◆ Exercise inputs
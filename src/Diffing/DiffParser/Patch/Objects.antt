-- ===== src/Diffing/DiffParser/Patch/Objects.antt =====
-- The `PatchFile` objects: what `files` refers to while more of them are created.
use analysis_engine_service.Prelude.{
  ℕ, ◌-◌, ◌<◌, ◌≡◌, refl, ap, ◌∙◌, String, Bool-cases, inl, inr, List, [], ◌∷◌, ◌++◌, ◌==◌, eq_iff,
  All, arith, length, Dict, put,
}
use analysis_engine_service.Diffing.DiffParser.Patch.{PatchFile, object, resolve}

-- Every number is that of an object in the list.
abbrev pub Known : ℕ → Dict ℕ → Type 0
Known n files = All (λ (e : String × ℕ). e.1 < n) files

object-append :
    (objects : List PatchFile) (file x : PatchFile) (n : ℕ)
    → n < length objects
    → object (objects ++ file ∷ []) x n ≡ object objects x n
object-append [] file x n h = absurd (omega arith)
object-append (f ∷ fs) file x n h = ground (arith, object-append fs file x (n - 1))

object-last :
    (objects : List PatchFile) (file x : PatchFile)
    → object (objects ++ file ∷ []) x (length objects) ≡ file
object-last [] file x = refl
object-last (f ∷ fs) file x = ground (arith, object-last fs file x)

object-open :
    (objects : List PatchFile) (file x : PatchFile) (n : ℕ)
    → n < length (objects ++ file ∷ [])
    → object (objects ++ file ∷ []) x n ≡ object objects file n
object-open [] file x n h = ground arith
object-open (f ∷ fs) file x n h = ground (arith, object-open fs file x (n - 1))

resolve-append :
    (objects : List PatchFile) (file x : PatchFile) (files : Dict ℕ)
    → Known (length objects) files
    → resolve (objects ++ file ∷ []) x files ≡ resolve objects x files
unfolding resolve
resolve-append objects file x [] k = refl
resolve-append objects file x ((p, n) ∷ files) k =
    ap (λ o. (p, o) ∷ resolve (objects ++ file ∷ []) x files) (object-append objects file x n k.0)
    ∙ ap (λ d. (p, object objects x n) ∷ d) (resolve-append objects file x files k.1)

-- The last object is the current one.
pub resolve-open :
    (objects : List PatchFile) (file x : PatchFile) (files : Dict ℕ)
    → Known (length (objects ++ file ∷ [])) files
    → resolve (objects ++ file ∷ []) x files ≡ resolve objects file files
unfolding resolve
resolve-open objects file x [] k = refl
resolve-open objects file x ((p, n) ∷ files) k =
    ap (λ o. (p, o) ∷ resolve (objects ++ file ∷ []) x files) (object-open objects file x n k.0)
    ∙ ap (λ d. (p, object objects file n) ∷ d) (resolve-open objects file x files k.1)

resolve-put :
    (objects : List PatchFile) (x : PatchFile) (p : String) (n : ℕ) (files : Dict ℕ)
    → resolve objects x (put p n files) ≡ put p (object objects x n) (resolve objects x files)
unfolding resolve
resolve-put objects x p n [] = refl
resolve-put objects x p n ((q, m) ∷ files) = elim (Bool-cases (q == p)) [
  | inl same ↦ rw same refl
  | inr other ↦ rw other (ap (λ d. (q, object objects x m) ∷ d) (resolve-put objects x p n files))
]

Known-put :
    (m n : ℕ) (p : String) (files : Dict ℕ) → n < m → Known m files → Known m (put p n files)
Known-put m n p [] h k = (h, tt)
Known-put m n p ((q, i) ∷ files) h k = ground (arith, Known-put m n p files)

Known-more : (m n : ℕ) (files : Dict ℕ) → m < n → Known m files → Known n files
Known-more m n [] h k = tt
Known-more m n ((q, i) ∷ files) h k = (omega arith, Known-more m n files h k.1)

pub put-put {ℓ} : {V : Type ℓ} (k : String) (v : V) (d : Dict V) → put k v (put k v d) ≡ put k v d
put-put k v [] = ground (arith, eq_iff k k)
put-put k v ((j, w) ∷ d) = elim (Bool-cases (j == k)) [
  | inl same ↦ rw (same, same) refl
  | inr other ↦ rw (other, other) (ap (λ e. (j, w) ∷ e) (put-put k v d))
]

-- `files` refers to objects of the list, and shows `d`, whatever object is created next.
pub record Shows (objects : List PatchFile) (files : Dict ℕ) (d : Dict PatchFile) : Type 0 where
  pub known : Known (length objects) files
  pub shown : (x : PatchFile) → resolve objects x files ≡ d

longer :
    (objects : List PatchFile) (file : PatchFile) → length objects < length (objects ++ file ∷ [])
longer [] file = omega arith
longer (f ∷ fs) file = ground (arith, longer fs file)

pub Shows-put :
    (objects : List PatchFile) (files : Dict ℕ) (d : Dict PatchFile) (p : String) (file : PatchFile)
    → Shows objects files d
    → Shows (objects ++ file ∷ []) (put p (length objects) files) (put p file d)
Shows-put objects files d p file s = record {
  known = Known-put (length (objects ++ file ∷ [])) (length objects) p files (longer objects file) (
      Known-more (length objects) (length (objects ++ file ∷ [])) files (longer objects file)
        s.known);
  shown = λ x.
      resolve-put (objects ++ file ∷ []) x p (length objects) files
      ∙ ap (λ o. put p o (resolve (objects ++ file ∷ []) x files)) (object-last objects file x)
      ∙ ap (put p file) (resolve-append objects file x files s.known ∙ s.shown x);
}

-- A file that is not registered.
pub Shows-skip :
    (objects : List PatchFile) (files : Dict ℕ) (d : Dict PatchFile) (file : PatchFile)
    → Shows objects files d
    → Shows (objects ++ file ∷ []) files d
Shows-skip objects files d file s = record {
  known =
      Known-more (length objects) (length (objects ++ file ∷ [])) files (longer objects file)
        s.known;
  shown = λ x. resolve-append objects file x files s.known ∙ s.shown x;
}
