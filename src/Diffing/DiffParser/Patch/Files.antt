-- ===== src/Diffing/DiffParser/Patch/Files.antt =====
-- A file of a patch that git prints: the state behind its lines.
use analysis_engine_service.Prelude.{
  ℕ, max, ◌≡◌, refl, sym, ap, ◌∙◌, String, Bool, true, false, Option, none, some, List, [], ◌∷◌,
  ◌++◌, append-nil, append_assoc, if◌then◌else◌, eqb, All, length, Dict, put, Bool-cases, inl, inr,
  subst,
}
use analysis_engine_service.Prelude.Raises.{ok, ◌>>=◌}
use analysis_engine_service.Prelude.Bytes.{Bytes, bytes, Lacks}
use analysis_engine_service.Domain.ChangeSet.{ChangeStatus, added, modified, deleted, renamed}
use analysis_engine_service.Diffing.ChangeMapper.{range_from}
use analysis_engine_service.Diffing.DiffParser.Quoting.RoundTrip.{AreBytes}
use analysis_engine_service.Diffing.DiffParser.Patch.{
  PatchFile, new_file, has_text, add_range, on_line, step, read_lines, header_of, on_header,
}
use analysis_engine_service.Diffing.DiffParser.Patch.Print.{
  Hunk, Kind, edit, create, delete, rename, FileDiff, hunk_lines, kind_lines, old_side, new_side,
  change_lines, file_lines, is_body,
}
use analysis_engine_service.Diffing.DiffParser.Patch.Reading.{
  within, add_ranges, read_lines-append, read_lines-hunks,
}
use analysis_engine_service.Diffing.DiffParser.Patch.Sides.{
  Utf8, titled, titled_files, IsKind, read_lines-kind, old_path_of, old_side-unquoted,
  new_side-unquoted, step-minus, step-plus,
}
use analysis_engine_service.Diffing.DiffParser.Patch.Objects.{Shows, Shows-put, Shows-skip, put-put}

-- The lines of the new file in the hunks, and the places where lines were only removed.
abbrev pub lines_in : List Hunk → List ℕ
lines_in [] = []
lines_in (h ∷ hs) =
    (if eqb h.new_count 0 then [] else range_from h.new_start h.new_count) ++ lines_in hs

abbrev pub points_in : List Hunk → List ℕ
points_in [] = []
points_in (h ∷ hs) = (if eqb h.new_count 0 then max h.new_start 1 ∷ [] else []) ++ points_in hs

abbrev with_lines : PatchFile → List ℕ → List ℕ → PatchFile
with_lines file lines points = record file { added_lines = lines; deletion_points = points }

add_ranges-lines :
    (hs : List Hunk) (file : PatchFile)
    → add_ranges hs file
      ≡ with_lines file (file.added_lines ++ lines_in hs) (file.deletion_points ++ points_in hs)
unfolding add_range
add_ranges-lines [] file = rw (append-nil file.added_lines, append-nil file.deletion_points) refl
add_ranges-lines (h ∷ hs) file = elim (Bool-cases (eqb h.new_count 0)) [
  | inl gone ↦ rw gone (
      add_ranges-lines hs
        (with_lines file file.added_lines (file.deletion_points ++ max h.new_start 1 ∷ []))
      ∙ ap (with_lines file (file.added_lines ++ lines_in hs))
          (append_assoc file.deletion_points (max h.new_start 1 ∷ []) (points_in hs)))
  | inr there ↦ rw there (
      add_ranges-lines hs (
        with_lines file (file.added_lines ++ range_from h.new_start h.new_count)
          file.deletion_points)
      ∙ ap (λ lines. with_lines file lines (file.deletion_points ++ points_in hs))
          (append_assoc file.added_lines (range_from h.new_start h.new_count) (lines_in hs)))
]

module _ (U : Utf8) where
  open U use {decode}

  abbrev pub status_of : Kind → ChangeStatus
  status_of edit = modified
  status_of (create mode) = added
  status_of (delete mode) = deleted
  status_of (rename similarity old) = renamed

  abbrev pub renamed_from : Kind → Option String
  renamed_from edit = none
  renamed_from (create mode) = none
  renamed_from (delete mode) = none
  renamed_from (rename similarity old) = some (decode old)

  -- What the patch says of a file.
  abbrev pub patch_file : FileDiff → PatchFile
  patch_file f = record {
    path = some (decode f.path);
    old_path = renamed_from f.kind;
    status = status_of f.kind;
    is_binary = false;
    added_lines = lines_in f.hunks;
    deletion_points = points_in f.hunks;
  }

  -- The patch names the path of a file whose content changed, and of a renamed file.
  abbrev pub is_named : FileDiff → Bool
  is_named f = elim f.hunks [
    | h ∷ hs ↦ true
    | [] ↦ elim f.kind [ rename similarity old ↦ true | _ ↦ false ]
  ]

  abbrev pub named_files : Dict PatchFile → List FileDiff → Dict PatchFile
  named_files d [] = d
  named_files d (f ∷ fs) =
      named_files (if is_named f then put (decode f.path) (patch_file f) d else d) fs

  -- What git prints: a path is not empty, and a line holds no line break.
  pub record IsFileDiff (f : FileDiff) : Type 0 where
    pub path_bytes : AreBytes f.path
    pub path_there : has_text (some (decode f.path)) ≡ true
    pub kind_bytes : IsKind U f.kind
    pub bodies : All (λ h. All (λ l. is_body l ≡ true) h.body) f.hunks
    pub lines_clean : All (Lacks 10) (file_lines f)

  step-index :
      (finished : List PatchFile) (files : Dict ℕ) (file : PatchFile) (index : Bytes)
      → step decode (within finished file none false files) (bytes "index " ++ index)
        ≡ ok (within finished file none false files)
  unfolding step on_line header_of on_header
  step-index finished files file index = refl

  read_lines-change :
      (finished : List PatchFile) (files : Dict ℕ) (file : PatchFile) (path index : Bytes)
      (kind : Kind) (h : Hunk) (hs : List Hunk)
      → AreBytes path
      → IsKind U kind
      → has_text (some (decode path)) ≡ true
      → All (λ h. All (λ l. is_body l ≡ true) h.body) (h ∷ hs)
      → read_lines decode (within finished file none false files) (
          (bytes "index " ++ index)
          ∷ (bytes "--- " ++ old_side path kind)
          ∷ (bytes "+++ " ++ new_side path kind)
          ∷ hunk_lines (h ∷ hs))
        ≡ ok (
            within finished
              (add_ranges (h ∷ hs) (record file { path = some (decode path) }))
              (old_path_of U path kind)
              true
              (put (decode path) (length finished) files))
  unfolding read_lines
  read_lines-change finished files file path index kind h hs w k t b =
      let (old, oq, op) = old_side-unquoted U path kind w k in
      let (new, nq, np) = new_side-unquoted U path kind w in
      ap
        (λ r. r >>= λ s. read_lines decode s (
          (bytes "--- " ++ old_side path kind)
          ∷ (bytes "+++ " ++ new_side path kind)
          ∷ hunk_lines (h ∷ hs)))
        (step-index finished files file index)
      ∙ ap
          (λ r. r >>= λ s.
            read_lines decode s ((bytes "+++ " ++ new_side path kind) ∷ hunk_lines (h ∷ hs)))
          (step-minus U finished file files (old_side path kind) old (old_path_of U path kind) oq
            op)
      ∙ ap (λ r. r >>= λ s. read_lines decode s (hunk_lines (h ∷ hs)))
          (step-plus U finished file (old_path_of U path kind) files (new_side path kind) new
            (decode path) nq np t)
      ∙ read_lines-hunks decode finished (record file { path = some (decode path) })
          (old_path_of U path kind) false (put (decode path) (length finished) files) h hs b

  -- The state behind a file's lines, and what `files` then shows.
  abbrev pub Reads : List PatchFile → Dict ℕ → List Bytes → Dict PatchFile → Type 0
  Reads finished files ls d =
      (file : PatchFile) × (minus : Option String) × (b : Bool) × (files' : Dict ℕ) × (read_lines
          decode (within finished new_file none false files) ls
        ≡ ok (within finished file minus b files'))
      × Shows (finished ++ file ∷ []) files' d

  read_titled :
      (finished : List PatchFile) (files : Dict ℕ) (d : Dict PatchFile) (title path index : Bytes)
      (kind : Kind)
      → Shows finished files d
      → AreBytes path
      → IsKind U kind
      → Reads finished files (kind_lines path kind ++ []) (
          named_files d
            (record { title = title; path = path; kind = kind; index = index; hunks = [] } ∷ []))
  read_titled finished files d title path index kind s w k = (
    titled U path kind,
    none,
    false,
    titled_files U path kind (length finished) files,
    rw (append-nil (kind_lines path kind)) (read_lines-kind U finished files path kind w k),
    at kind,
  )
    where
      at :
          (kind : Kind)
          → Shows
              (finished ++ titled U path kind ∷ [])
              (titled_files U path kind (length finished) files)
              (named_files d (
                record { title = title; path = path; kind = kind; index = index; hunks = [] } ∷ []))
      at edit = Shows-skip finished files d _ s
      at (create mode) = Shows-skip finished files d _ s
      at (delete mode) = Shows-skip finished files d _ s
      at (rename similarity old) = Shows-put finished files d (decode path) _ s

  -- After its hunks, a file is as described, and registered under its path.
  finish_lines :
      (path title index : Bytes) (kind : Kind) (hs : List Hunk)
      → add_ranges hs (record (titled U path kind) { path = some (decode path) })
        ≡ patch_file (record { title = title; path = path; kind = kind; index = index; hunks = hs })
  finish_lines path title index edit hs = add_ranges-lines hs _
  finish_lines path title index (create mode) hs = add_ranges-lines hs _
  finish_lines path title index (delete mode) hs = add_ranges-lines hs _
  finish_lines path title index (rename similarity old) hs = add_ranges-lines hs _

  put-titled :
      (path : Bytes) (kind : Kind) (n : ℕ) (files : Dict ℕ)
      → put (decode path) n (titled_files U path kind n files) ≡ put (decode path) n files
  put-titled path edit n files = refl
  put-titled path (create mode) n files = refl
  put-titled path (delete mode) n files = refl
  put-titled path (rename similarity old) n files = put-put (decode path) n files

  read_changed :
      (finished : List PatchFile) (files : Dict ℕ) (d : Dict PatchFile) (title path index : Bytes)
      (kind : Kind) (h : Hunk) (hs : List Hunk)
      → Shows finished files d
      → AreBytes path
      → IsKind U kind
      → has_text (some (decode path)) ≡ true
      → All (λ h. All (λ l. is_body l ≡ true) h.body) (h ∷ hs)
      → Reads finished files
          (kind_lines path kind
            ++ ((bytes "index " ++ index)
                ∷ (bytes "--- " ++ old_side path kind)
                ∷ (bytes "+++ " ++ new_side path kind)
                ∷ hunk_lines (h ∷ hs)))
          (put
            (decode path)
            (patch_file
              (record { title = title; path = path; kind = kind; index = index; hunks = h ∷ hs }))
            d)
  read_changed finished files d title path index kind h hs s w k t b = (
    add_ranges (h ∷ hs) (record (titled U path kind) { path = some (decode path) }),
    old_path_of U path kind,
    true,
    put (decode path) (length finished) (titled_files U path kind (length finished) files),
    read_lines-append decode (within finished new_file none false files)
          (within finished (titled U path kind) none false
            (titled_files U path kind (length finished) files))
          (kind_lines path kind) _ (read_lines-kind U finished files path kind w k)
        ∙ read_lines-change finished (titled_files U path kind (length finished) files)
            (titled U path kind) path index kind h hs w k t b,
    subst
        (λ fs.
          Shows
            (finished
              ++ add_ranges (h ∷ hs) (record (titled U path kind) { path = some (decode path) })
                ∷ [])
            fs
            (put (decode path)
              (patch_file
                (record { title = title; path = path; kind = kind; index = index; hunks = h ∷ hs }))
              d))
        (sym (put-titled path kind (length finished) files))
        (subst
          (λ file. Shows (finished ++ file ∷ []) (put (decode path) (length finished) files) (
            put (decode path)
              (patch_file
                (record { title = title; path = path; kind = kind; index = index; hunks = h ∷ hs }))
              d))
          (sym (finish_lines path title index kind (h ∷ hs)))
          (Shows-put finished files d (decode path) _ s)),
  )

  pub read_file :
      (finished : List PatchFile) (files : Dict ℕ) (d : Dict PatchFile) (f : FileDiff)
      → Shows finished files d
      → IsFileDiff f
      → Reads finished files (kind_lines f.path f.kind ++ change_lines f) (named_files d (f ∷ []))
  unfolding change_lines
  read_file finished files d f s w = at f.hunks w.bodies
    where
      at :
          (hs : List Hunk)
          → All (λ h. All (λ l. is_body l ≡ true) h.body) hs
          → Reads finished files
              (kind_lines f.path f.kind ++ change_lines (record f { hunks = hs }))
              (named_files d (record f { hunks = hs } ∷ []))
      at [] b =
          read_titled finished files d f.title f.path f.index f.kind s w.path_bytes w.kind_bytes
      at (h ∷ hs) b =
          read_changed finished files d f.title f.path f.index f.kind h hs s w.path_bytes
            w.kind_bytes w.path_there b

◆ What this task involves
Scan the records for the string "minus". Copy each line in which it appears.

◆ Response area
  new_side-unquoted, step-minus, step-plus,
          (step-minus U finished file files (old_side path kind) old (old_path_of U path kind) oq
      (file : PatchFile) × (minus : Option String) × (b : Bool) × (files' : Dict ℕ) × (read_lines
        ≡ ok (within finished file minus b files'))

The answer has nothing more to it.